MONITORING MEAN SHIFT OF SKEWED DISTRIBUTION USING MODIFIED ONE-STEP M-ESTIMATOR WITH EWMA CONTROL STRUCTURE

摘要

A generalized form of Shewhart chart, known as Exponentially Weighted Moving Average (EWMA) control chart is frequently exercised to monitor small shift in the process mean. Aptly tune, it is claimed to be robust to slight deviation in normality. For that to be successful, the weighting constant (λ) shall be set quite small. However, too small of the value may reduce the effectiveness of the chart in shift detection, a phenomenon known as the inertia effect. Thus, meticulous approach ought to be exerted to tune the traditional EWMA chart under non-normality. Recurrent use of robust control charts is now seen in quality control literature as one of the few solutions to cope with non-normality. In line with this, a novel EWMA control chart was proposed in this paper. The proposed chart was constructed using a highly robust breakdown point location estimator, known as modified one-step M-estimator (MOM).
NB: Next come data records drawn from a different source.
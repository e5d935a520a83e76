-- ===== src/Instance/Supervisor/Spawn/Outcomes.antt =====
-- What a Spawn that fails leaves of workers and ports: nothing new. The token file, which it may have
-- written, stays in the home directory.
use copilot_pool_gateway.Base.{
  ℕ, String, ◌≡◌, ◌≢◌, refl, Bool, true, false, Option, none, some, arith, ◌==◌, eq_iff, eq_refl,
  if◌then◌else◌, eqb_iff, trim, inl, inr, Option-cases,
}
use copilot_pool_gateway.Base.StringMap.{StringMap, get, put, get-put, get-remove}
use copilot_pool_gateway.Instance.Ports.{
  PortPool, Outcome, ok, err, SupervisorError, release, select_port,
}
use copilot_pool_gateway.Instance.Ports.Laws.{Granted, select_port-Granted}
use copilot_pool_gateway.Instance.Supervisor.{
  Supervisor, Worker, stopping, start_timeout, with_status, with_failure, mark_start_timeout,
}
use copilot_pool_gateway.Instance.Supervisor.Invariant.{IsConsistent}
use copilot_pool_gateway.Instance.Supervisor.Stop.{exits, stop, stop_worker, tear_down}
use copilot_pool_gateway.Instance.Supervisor.Spawn.{
  Launch, Files, no_home, no_token, no_log, opened, Probe, answers, times_out, fails, new_entry,
  await_ready, start_child, prepare, spawn_unless_live, spawn, finish_ready, with_token,
}

pub get-put_self : (m : StringMap Worker) (id : String) (w : Worker) → get (put m id w) id ≡ some w
get-put_self m id w = simp (get-put, eq_refl)

-- A stop of a worker that is there and exits.
stop_found :
    (s : Supervisor) (id : String) (w : Worker)
    → get s.workers id ≡ some w
    → stop exits id s
      ≡ (ok tt, tear_down id w (record s { workers = put s.workers id (with_status stopping w) }))
unfolding stop stop_worker
stop_found s id w e = rw (e, stop_worker)

mark_found :
    (s : Supervisor) (id : String) (w : Worker) (cause : Option String)
    → get s.workers id ≡ some w
    → mark_start_timeout id cause s
      ≡ record s { workers = put s.workers id (with_failure start_timeout cause w) }
unfolding mark_start_timeout
mark_found s id w cause e = rw (e, mark_start_timeout)

abbrev registered : Supervisor → String → Worker → Supervisor
registered s id w = record s { workers = put s.workers id w }

-- What a failed probe leaves of a worker that was just registered.
give_up-removes :
    (s : Supervisor) (id : String) (w : Worker) (cause : Option String) (j : String)
    → let t = (stop exits id (mark_start_timeout id cause (registered s id w))).1 in
      (get t.workers j ≡ (if id == j then none else get s.workers j))
      × (t.ports ≡ release w.entry.port s.ports)
give_up-removes s id w cause j =
    let w' : Worker = with_failure start_timeout cause w in
    let s' : Supervisor = registered s id w in
    let s'' : Supervisor = registered s' id w' in
    rw
      (
        mark_found s' id w cause (get-put_self s.workers id w),
        stop_found s'' id w' (get-put_self s'.workers id w'),
      )
      (unfold tear_down in
        (
          ground (
            arith,
            get-remove (put s''.workers id (with_status stopping w')) id j,
            get-put s''.workers id j (with_status stopping w'),
            get-put s'.workers id j w',
            get-put s.workers id j w,
          ),
          refl,
        ))

abbrev Restored : Supervisor → Supervisor → String → ℕ → Type 0
Restored s t j p = (get t.workers j ≡ get s.workers j) × (t.ports.allocated p ≡ s.ports.allocated p)

module _ (s : Supervisor) (id : String) (new : get s.workers id ≡ none) (j : String) (p : ℕ) where
  given_up-Restored :
      (bindable : ℕ → Bool) (w : Worker) (ports : PortPool) (cause : Option String)
      → Granted bindable s.ports w.entry.port ports
      → Restored s
          (stop exits id
            (mark_start_timeout id cause (registered (record s { ports = ports }) id w))).1
          j
          p
  given_up-Restored bindable w ports cause g =
      let r = give_up-removes (record s { ports = ports }) id w cause j in
      (
        ground (arith, r.0, eq_iff id j),
        rw r.1 (unfold release in ground (arith, g.marks p, g.was_free, eqb_iff w.entry.port p)),
      )

  finish_ready-ok :
      (o : Option Worker) (t : Supervisor) (e : SupervisorError) → (finish_ready id o t).0 ≢ err e
  finish_ready-ok none t e h = cc
  finish_ready-ok (some w) t e h = cc

  await_ready-Restored :
      (probe : Probe) (bindable : ℕ → Bool) (w : Worker) (ports : PortPool) (e : SupervisorError)
      → Granted bindable s.ports w.entry.port ports
      → (await_ready probe id (registered (record s { ports = ports }) id w)).0 ≡ err e
      → Restored s (await_ready probe id (registered (record s { ports = ports }) id w)).1 j p
  unfolding await_ready
  await_ready-Restored answers bindable w ports e g h = absurd (finish_ready-ok _ _ e h)
  await_ready-Restored (times_out cause) bindable w ports e g h =
      given_up-Restored bindable w ports (some cause) g
  await_ready-Restored (fails cause) bindable w ports e g h =
      given_up-Restored bindable w ports (some cause) g

  start_child-Restored :
      (l : Launch) (r : Outcome (ℕ × PortPool)) (e : SupervisorError)
      → ((port : ℕ) (ports : PortPool)
          → r ≡ ok (port, ports)
          → Granted l.bindable s.ports port ports)
      → (start_child l id s r).0 ≡ err e
      → Restored s (start_child l id s r).1 j p
  unfolding start_child
  start_child-Restored l (err f) e g h = (refl, refl)
  start_child-Restored l (ok (port, ports)) e g h = elim (Option-cases l.pid) [
    | inl x ↦
        rw (x, start_child)
          (
            refl,
            unfold release in
                ground (
                  arith,
                  (g port ports refl).marks p,
                  (g port ports refl).was_free,
                  eqb_iff port p,
                ),
          )
    | inr (pid, x) ↦
        rw (x, start_child)
          (await_ready-Restored l.probe l.bindable
            (record { entry = new_entry s id port pid l.started_at; adopted = false }) ports e
            (g port ports refl) (rw (x, start_child) at h))
  ]

prepare-Restored :
    (files : Files) (l : Launch) (id token : String) (preferred : ℕ) (s : Supervisor)
    (e : SupervisorError)
    → IsConsistent s
    → get s.workers id ≡ none
    → (prepare files l id token preferred s).0 ≡ err e
    → (j : String) (p : ℕ) → Restored s (prepare files l id token preferred s).1 j p
unfolding prepare
prepare-Restored no_home l id token preferred s e c new h j p = (refl, refl)
prepare-Restored no_token l id token preferred s e c new h j p = (refl, refl)
prepare-Restored no_log l id token preferred s e c new h j p = (refl, refl)
prepare-Restored opened l id token preferred s e c new h j p =
    start_child-Restored (with_token id token s) id new j p l
      (select_port l.bindable preferred s.ports) e
      (λ port ports x. select_port-Granted l.bindable preferred s.ports port ports c.proper x) h

spawn_unless_live-Restored :
    (o : Option Worker) (l : Launch) (id token : String) (preferred : ℕ) (s : Supervisor)
    (e : SupervisorError)
    → IsConsistent s
    → get s.workers id ≡ o
    → (spawn_unless_live o l id token preferred s).0 ≡ err e
    → (j : String) (p : ℕ) → Restored s (spawn_unless_live o l id token preferred s).1 j p
unfolding spawn_unless_live
spawn_unless_live-Restored none l id token preferred s e c new h j p =
    prepare-Restored l.files l id token preferred s e c new h j p
spawn_unless_live-Restored (some w) l id token preferred s e c new h j p = (refl, refl)

if-Restored :
    {A : Type 0} (s : Supervisor) (e : SupervisorError) (j : String) (p : ℕ) (b : Bool)
    (x y : Outcome A × Supervisor)
    → Restored s x.1 j p
    → (y.0 ≡ err e → Restored s y.1 j p)
    → (if b then x else y).0 ≡ err e
    → Restored s (if b then x else y).1 j p
if-Restored s e j p true x y rx ry h = rx
if-Restored s e j p false x y rx ry h = ry h

-- From a consistent state, a Spawn that returns an error, on whatever branch, leaves every account
-- with the worker it had (so the account itself without one, unless it had a live one before) and
-- every port as allocated as it was.
pub spawn_fails-restores :
    (l : Launch) (id token : String) (preferred : ℕ) (s : Supervisor) (e : SupervisorError)
    → IsConsistent s
    → (spawn l id token preferred s).0 ≡ err e
    → (j : String) (p : ℕ)
    → (get (spawn l id token preferred s).1.workers j ≡ get s.workers j)
      × ((spawn l id token preferred s).1.ports.allocated p ≡ s.ports.allocated p)
unfolding spawn
spawn_fails-restores l id token preferred s e c h j p =
    if-Restored s e j p (trim id == "") _ _ (refl, refl)
      (if-Restored s e j p s.closed _ _ (refl, refl)
        (λ x. spawn_unless_live-Restored _ l id token preferred s e c refl x j p))
      h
Monte Carlo simulation approach was used to model and evaluate performance of the proposed chart when process data was subjected to non-normality using skewed distributions. Two separate cases were considered: (i) when both mean and standard deviation of the process were known and (ii) when the mean was unknown and estimated from an in-control Phase I sample. While demonstrating a mediocre power to detect shift in the first case, an outcome on simultaneous effect of parameter estimation and non-normality for the proposed chart indicated a reversal. Besides equipped to regulate false alarm rate following an increase in the level of skewness of the distribution, the proposed chart also possessed the best-shift detecting ability in extreme non-normal cases as observed in this paper. This was demonstrated using average run length (ARL) when the underlying distribution of Phase I and Phase II data were matched.